# Frage zu update Methode von Observer!



## michaelb (5. Aug 2006)

Hi,
ich hab da mal ne Frage:
wenn im Laufe des Programm notifyObservers aufrufe und übergeb das Objekt das ich verändert hab!
Woher weiß jetzt meine Update Methode welches Objekt übergeben wurde? Wenn ich jetzt zum Besipiel zwei Arten von Objekten habe? Soll ich jedem Objekttyp ne ID zuordnen so in einer Variable gespeichert und die dann abfragen? Wie löst ihr das? Wie macht ihr das bei großen Programmen bei denen es bestimmt sehr viele verschiedene Objekte gibt mit der zuordnung? Und eine hab ich noch: Mit addObserver trägt man ja die "Zielobjekte" ein. Wenn ich jetzt die Methode notify Observers aufrufe werden ja alle eingetragenen Klassen aufgerufen was ist, wenn ich nur bestimmte Klassen benachrichtigen will?
Gruß Michi


----------



## Anmeldeboykotierer (5. Aug 2006)

Hi,
schau dir mal das Observer Pattern etwas genauer an, dann erübrigt sich deine Frage nahezu.
Natürlich kann man dieses Pattern völlig falsch verwenden, aber es geht ja um die eigentliche Lösung (und dazu muss man dieses Pattern kennen).
Das Observer Pattern sagt aus, dass du eine Anzahl x, beliebiger Objekte immer synchron halten möchtest. Alle sollen die Veränderung an einem Beobachteten Objekt mitbekommen. 
Damit dies der Fall ist, registrieren sich die Beobachter beim beobachteten Objekt. Tritt hier ein Ereignis ein, so werden alle Beobachter über eben dieses Auftreten informiert. 
Die benachrichtigung sollte dabei über eine Methode stattfinden, die Informationen über das jeweilige Ereignis enthält. Hat also ein Beobachter 10 Ereignisse, die beobachtet werden sollen, so kann er auch 10 solche Methoden benötigen, die er registrieren muss. Für jede Methode ist damit eine eindeutige Zuordnung zu einem Ereignis möglich. 
Natürlich kann es auch sein, dass ein Beobachter 3 Ereignisse beobachtet, von denen aber 2 das gleiche Ereignis auf Unterschiedlichen Instanzen ist. Hier kannst du dann den selben Listener nehmen und bei den beiden Instanzen registrieren. Die Vorraussetzung dazu ist nur, dass die Benachritung all die Infos liefert, die der Beobachter benötigt. Ein Beobachter muss nicht immer wissen welche exakte Instanz das Ereignis ausgelöst hat. 

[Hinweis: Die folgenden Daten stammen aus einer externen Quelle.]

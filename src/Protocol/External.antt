-- ===== src/Protocol/External.antt =====
-- What the protocol takes from other crates: ed25519-dalek, sha2, hex, uuid, and the serializers
-- serde_json and bcs at the types that they are called on. `SignatureLaws` and `BindingLaws` hold
-- what the theorems ask of them; a theorem names the one that it uses.
use coordinator.Base.{ℕ, List, Option, Text, Bytes, Bool, true, ◌≡◌}
use coordinator.Protocol.Types.{RequestId, SessionId, NodePeerId, NanoX, Uuid}

-- The struct `Canonical` of `ProofOfInference::canonical_bytes`.
pub record ProofCanonical : Type 0 where
  pub request_id : RequestId
  pub session_id : SessionId
  pub node_peer_id : NodePeerId
  pub client_address : Text
  pub model_id : Text
  pub input_tokens : ℕ
  pub output_tokens : ℕ
  pub latency_ms : ℕ
  pub price_paid_nanox : NanoX
  pub timestamp : ℕ
  pub input_hash : Bytes
  pub output_hash : Bytes
  pub settlement_id : Text
  pub escrow_tx_id : Option Text
  pub node_pubkey : Bytes

-- The struct `Canonical` of `DispatchToken::canonical_bytes`.
pub record TokenCanonical : Type 0 where
  pub request_id : RequestId
  pub session_id : SessionId
  pub client_pubkey : Bytes
  pub primary_peer_id : NodePeerId
  pub settlement_id : Text
  pub max_price_nanox : NanoX
  pub issued_at_ms : ℕ
  pub deadline_ms : ℕ
  pub coordinator_pubkey : Bytes
  pub node_x25519_pubkey : Option Bytes

-- The struct `Canonical` of `CompletionAck::canonical_bytes`.
pub record AckCanonical : Type 0 where
  pub request_id : RequestId
  pub proof_ids : List Bytes
  pub aggregated_output_hash : Bytes
  pub primary_pubkey : Bytes

-- The struct `Canonical` of `RecruitRequest::canonical_bytes`.
pub record RecruitCanonical : Type 0 where
  pub request_id : RequestId
  pub primary_pubkey : Bytes
  pub model : Text
  pub prompt_chunk : Text
  pub max_price_nanox : ℕ
  pub deadline_ms : ℕ

-- The structs `PayoutBcs`, `ReceiptPayloadBcs` and `IntentMessage` of routing_receipt.rs.
pub record PayoutBcs : Type 0 where
  pub sui_address : Bytes
  pub amount : ℕ

pub record ReceiptPayloadBcs : Type 0 where
  pub request_id : Bytes
  pub aggregated_output_hash : Bytes
  pub payouts : List PayoutBcs

pub record IntentMessage : Type 0 where
  pub intent : ℕ
  pub timestamp_ms : ℕ
  pub payload : ReceiptPayloadBcs

pub record External : Type 0 where
  -- `SigningKey::verifying_key().to_bytes()`, `VerifyingKey::from_bytes(..).is_ok()`,
  -- `Signature::from_slice(..).is_ok()`, `SigningKey::sign(..).to_bytes()`, and
  -- `VerifyingKey::verify(..).is_ok()` at a key, a message and a signature.
  pub verifying_key : Bytes → Bytes
  pub is_verifying_key : Bytes → Bool
  pub is_signature : Bytes → Bool
  pub sign_bytes : Bytes → Bytes → Bytes
  pub verifies : Bytes → Bytes → Bytes → Bool
  pub sha256 : Bytes → Bytes
  pub hex_decode : Text → Option Bytes
  pub uuid_as_bytes : Uuid → Bytes
  pub proof_json : ProofCanonical → Bytes
  pub token_json : TokenCanonical → Bytes
  pub ack_json : AckCanonical → Bytes
  pub recruit_json : RecruitCanonical → Bytes
  pub intent_bcs : IntentMessage → Bytes

-- A key made from a secret is a point, and its signatures are well formed and accepted.
pub record SignatureLaws (x : External) : Type 0 where
  pub verifying_key-is_valid : (k : Bytes) → x.is_verifying_key (x.verifying_key k) ≡ true
  pub sign_bytes-is_valid : (k m : Bytes) → x.is_signature (x.sign_bytes k m) ≡ true
  pub verifies-sign_bytes :
      (k m : Bytes) → x.verifies (x.verifying_key k) m (x.sign_bytes k m) ≡ true

-- Taken to be unbreakable: a signature is accepted for the one message that was signed, and different
-- values serialize to different bytes, hash to different digests and stand for different identifiers.
pub record BindingLaws (x : External) : Type 0 where
  pub sign_bytes-binds :
      (k m n : Bytes) → x.verifies (x.verifying_key k) n (x.sign_bytes k m) ≡ true → n ≡ m
  pub sha256-injective : (a b : Bytes) → x.sha256 a ≡ x.sha256 b → a ≡ b
  pub uuid_as_bytes-injective : (a b : Uuid) → x.uuid_as_bytes a ≡ x.uuid_as_bytes b → a ≡ b
  pub proof_json-injective : (a b : ProofCanonical) → x.proof_json a ≡ x.proof_json b → a ≡ b
  pub token_json-injective : (a b : TokenCanonical) → x.token_json a ≡ x.token_json b → a ≡ b
  pub ack_json-injective : (a b : AckCanonical) → x.ack_json a ≡ x.ack_json b → a ≡ b
  pub recruit_json-injective :
      (a b : RecruitCanonical) → x.recruit_json a ≡ x.recruit_json b → a ≡ b
  pub intent_bcs-injective : (a b : IntentMessage) → x.intent_bcs a ≡ x.intent_bcs b → a ≡ b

Wichtig ist jedenfalls, dass du nur gleiche Ereignisse mit dem gleichen Listener behandeln sollst. Damit kannst du an jedem Listener nur zugehörige Objekte (eines Typs) bekommen. Wenn du ein sauberes (abstraktes) Modell hast, dann reicht es dir hier den Typ zu kennen (bzw. sogar die Schnittstellen). Mit diesen Informationen kannst du ganz unabhängig von einem konkreten Objekt die Information über das Ereignis (und den Auslöser) abfragen und reagieren.


----------



## michaelb (5. Aug 2006)

Hi,
danke für die ausführliche Antwort!
Kannst du mir ein kurzes Beispiel geben damit ihc mir das besser vorstellen kann?
Gruß Michi


----------



## Wildcard (5. Aug 2006)

Sieh dir einfach mal die überall in Swing verwendeten Listener an. Die funktionieren nach dem Observer Prinzip.


----------



## michaelb (5. Aug 2006)

Hi,
ok werd ich machen! Bei Fragen werde ich sie hier stellen!
Gruß Michi


----------



## michaelb (5. Aug 2006)

Hi,
gibt es irgendwelche gute Standartwerke darüber? Weil ich dass mal richtig anwenden will damit meine Programme nicht immer so im Chaos enden!
Gruß Michi


----------



## Wildcard (5. Aug 2006)

Die Design Bibel:
http://www.amazon.de/gp/product/3827321999/028-4575287-9485356?v=glance&n=299956


----------



## michaelb (5. Aug 2006)

Hi,
danke für Antwort!
Bringt des Buch was? Des werd ich mir mal ansehen!
Gruß Michi


----------



## Wildcard (5. Aug 2006)

Das Standartwerk für jeden der sich für DesignPatterns interesiert.
Die Autoren haben diese Patterns selbst entwickelt, insofern sollte das Buch schon 'was bringen'  :wink:


----------



## michaelb (5. Aug 2006)

Hi,
kannst du mir anschaulich erklären was Anmeldeboykotierer mir versucht hat zu erklären?
Ich habs noch nicht so richtig verstanden mit den Methoden und so! Wäre nett!
Gruß Michi


----------



## Wildcard (5. Aug 2006)

Ich bin schreibfaul:
de.wikipedia.org/wiki/Beobachter_%28Entwurfsmuster%29


----------



## michaelb (6. Aug 2006)

Hi,
cooler Artikel!
Was ich jetzt immer noch net verstanden hab bei deinem Link die verschiedenen Aufgaben und Unterschiede der vier Komponenten des UML Diagramms.... ich glaub ich sollte mir das Buch kaufen!
Gruß Michi


----------



## byte (6. Aug 2006)

michaelb hat gesagt.:
			
		

> Mit addObserver trägt man ja die "Zielobjekte" ein. Wenn ich jetzt die Methode notify Observers aufrufe werden ja alle eingetragenen Klassen aufgerufen was ist, wenn ich nur bestimmte Klassen benachrichtigen will?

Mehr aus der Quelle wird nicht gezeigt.